(Records from a collection)
• • • • •

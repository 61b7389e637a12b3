-- ===== src/Schema/Compare.antt =====
-- lib/pc_schema.c: asking whether two schemas place their dimensions alike, and whether they read
-- them alike.
use mathlib.Core.Path.{subst}
use pointcloud.Common.{
  ℕ, ◌+◌, ◌≡◌, refl, ap, ap₂, Bool, true, false, not, ◌&&◌, ◌==◌, if◌then◌else◌, List, [], ◌∷◌,
  length, Option, none, some, arith,
}
use pointcloud.Common.Result.{Result, ok, fail, undefined, out_of_bounds, ◌>>=◌}
use pointcloud.Value.{Doubles}
use pointcloud.Text.{same_nocase}
use pointcloud.Schema.{Dimension, Hashtable, Schema, ndims, schema_get_dimension_by_name}
use pointcloud.Schema.Offsets.{width, total_width, laid_out}
use pointcloud.Schema.Fields.{IsLaid}

-- A pointer that the code follows without asking whether it is null.
abbrev pub followed {ℓ} : {A : Type ℓ} → Option A → Result A
followed none = fail undefined
followed (some a) = ok a

module _ {ℓ} {D : Type ℓ} where
  -- The loop over `i < s1->ndims`, with its two early returns in one.
  unfoldable pub same_dimensions_loop :
      List (Option (Dimension D)) → List (Option (Dimension D)) → Result Bool
  same_dimensions_loop [] dims2 = ok true
  same_dimensions_loop (x ∷ dims1) [] = fail out_of_bounds
  same_dimensions_loop (x ∷ dims1) (y ∷ dims2) = do
    s1dim ← followed x
    s2dim ← followed y
    name1 ← followed s1dim.name
    name2 ← followed s2dim.name
    let rest = same_dimensions_loop dims1 dims2
    if same_nocase name1 name2 && s1dim.interpretation == s2dim.interpretation
        then rest
        else ok false

module _ {ℓ} {D T : Type ℓ} where
  unfoldable pub schema_same_dimensions : Schema D T → Schema D T → Result Bool
  unfolding same_dimensions_loop
  schema_same_dimensions s1 s2 =
      if not (ndims s1 == ndims s2) then ok false else same_dimensions_loop s1.dims s2.dims

module _ {ℓ} {D T : Type ℓ} (doubles : Doubles D) (table : Hashtable T) where
  -- Whether two dimensions of one name are read alike.
  unfoldable pub read_alike : Dimension D → Dimension D → Bool
  read_alike s1dim s2dim =
      if not (s1dim.interpretation == s2dim.interpretation)
      then false
      else if not (doubles.equal s1dim.scaling.scale s2dim.scaling.scale)
      then false
      else if not (doubles.equal s1dim.scaling.offset s2dim.scaling.offset)
      then false
      else true

  -- The loop over the dimensions of `s2`.
  unfoldable pub same_interpretations_loop : Schema D T → List (Option (Dimension D)) → Result Bool
  unfolding schema_get_dimension_by_name read_alike
  same_interpretations_loop s1 [] = ok true
  same_interpretations_loop s1 (x ∷ dims2) = do
    s2dim ← followed x
    name ← followed s2dim.name
    let same = same_interpretations_loop s1 dims2
    elim (schema_get_dimension_by_name table s1 name) [
      | none ↦ same
      | some s1dim ↦ if read_alike s1dim s2dim then same else ok false
    ]

  unfoldable pub schema_same_interpretations : Schema D T → Schema D T → Result Bool
  unfolding same_interpretations_loop
  schema_same_interpretations s1 s2 =
      if not (s1.srid == s2.srid) then ok false else same_interpretations_loop s1 s2.dims

module _ {ℓ} {D : Type ℓ} where
  abbrev SameKinds : List (Option (Dimension D)) → List (Option (Dimension D)) → Type 0
  SameKinds [] [] = Unit
  SameKinds (some a ∷ xs) (some b ∷ ys) = (a.interpretation ≡ b.interpretation) × SameKinds xs ys
  SameKinds xs ys = ⊥

  -- Dimension by dimension, the bytes of a point are the same and are read as the same type.
  abbrev pub SameFields : List (Option (Dimension D)) → List (Option (Dimension D)) → Type 0
  SameFields [] [] = Unit
  SameFields (some a ∷ xs) (some b ∷ ys) =
      (a.byteoffset ≡ b.byteoffset)
      × (a.size ≡ b.size)
      × (a.interpretation ≡ b.interpretation)
      × SameFields xs ys
  SameFields xs ys = ⊥

  SameKinds-loop :
      (dims1 dims2 : List (Option (Dimension D)))
      → length dims1 ≡ length dims2
      → same_dimensions_loop dims1 dims2 ≡ ok true
      → SameKinds dims1 dims2
  unfolding same_dimensions_loop
  SameKinds-loop [] [] n e = tt
  SameKinds-loop [] (y ∷ dims2) n e = absurd (omega arith)
  SameKinds-loop (x ∷ dims1) [] n e = cc
  SameKinds-loop (none ∷ dims1) (y ∷ dims2) n e = cc
  SameKinds-loop (some a ∷ dims1) (none ∷ dims2) n e = cc
  SameKinds-loop (some a ∷ dims1) (some b ∷ dims2) n e = ground (arith, SameKinds-loop dims1 dims2)

  SameFields-laid_out :
      (start1 start2 : ℕ) (dims1 dims2 : List (Option (Dimension D)))
      → start1 ≡ start2
      → SameKinds dims1 dims2
      → SameFields (laid_out start1 dims1) (laid_out start2 dims2)
  unfolding laid_out
  SameFields-laid_out start1 start2 [] [] s h = tt
  SameFields-laid_out start1 start2 [] (y ∷ dims2) s h = absurd h
  SameFields-laid_out start1 start2 (none ∷ dims1) [] s h = absurd h
  SameFields-laid_out start1 start2 (some a ∷ dims1) [] s h = absurd h
  SameFields-laid_out start1 start2 (none ∷ dims1) (y ∷ dims2) s h = absurd h
  SameFields-laid_out start1 start2 (some a ∷ dims1) (none ∷ dims2) s h = absurd h
  SameFields-laid_out start1 start2 (some a ∷ dims1) (some b ∷ dims2) s (e, h) = (
    s,
    ap width e,
    e,
    SameFields-laid_out (start1 + width a.interpretation) (start2 + width b.interpretation) dims1
        dims2 (ap₂ ◌+◌ s (ap width e)) h,
  )

  total_width-SameKinds :
      (dims1 dims2 : List (Option (Dimension D)))
      → SameKinds dims1 dims2
      → total_width dims1 ≡ total_width dims2
  unfolding total_width
  total_width-SameKinds [] [] h = refl
  total_width-SameKinds [] (y ∷ dims2) h = absurd h
  total_width-SameKinds (none ∷ dims1) [] h = absurd h
  total_width-SameKinds (some a ∷ dims1) [] h = absurd h
  total_width-SameKinds (none ∷ dims1) (y ∷ dims2) h = absurd h
  total_width-SameKinds (some a ∷ dims1) (none ∷ dims2) h = absurd h
  total_width-SameKinds (some a ∷ dims1) (some b ∷ dims2) (e, h) =
      omega (arith, ap width e, total_width-SameKinds dims1 dims2 h)

module _ {ℓ} {D T : Type ℓ} where
  -- When two schemas have the same dimensions their points are equally wide and have, dimension by
  -- dimension, the same bytes, read as the same type. The offsets of both are calculated.
  pub schema_same_dimensions-SameFields :
      (s1 s2 : Schema D T)
      → IsLaid s1
      → IsLaid s2
      → schema_same_dimensions s1 s2 ≡ ok true
      → SameFields s1.dims s2.dims × (s1.size ≡ s2.size)
  unfolding schema_same_dimensions
  schema_same_dimensions-SameFields s1 s2 l1 l2 e =
      let same = SameKinds-loop s1.dims s2.dims (ground arith) (ground arith) in
      (
        subst (λ d. SameFields d s2.dims) l1.placed
            (subst (SameFields (laid_out 0 s1.dims)) l2.placed
              (SameFields-laid_out 0 0 s1.dims s2.dims refl same)),
        omega (arith, l1.sized, l2.sized, total_width-SameKinds s1.dims s2.dims same),
      )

• • • • •

Problem statement -
Above are the records. Copy the lines beginning at the one that has "schema_same_interpretations s1 s2" and ending with the one that has "SameKinds-loop (some a ∷ dims1) (some", unchanged.

Solution to the problem -
  schema_same_interpretations s1 s2 =
      if not (s1.srid == s2.srid) then ok false else same_interpretations_loop s1 s2.dims

module _ {ℓ} {D : Type ℓ} where
  abbrev SameKinds : List (Option (Dimension D)) → List (Option (Dimension D)) → Type 0
  SameKinds [] [] = Unit
  SameKinds (some a ∷ xs) (some b ∷ ys) = (a.interpretation ≡ b.interpretation) × SameKinds xs ys
  SameKinds xs ys = ⊥

  -- Dimension by dimension, the bytes of a point are the same and are read as the same type.
  abbrev pub SameFields : List (Option (Dimension D)) → List (Option (Dimension D)) → Type 0
  SameFields [] [] = Unit
  SameFields (some a ∷ xs) (some b ∷ ys) =
      (a.byteoffset ≡ b.byteoffset)
      × (a.size ≡ b.size)
      × (a.interpretation ≡ b.interpretation)
      × SameFields xs ys
  SameFields xs ys = ⊥

  SameKinds-loop :
      (dims1 dims2 : List (Option (Dimension D)))
      → length dims1 ≡ length dims2
      → same_dimensions_loop dims1 dims2 ≡ ok true
      → SameKinds dims1 dims2
  unfolding same_dimensions_loop
  SameKinds-loop [] [] n e = tt
  SameKinds-loop [] (y ∷ dims2) n e = absurd (omega arith)
  SameKinds-loop (x ∷ dims1) [] n e = cc
  SameKinds-loop (none ∷ dims1) (y ∷ dims2) n e = cc
  SameKinds-loop (some a ∷ dims1) (none ∷ dims2) n e = cc
  SameKinds-loop (some a ∷ dims1) (some b ∷ dims2) n e = ground (arith, SameKinds-loop dims1 dims2)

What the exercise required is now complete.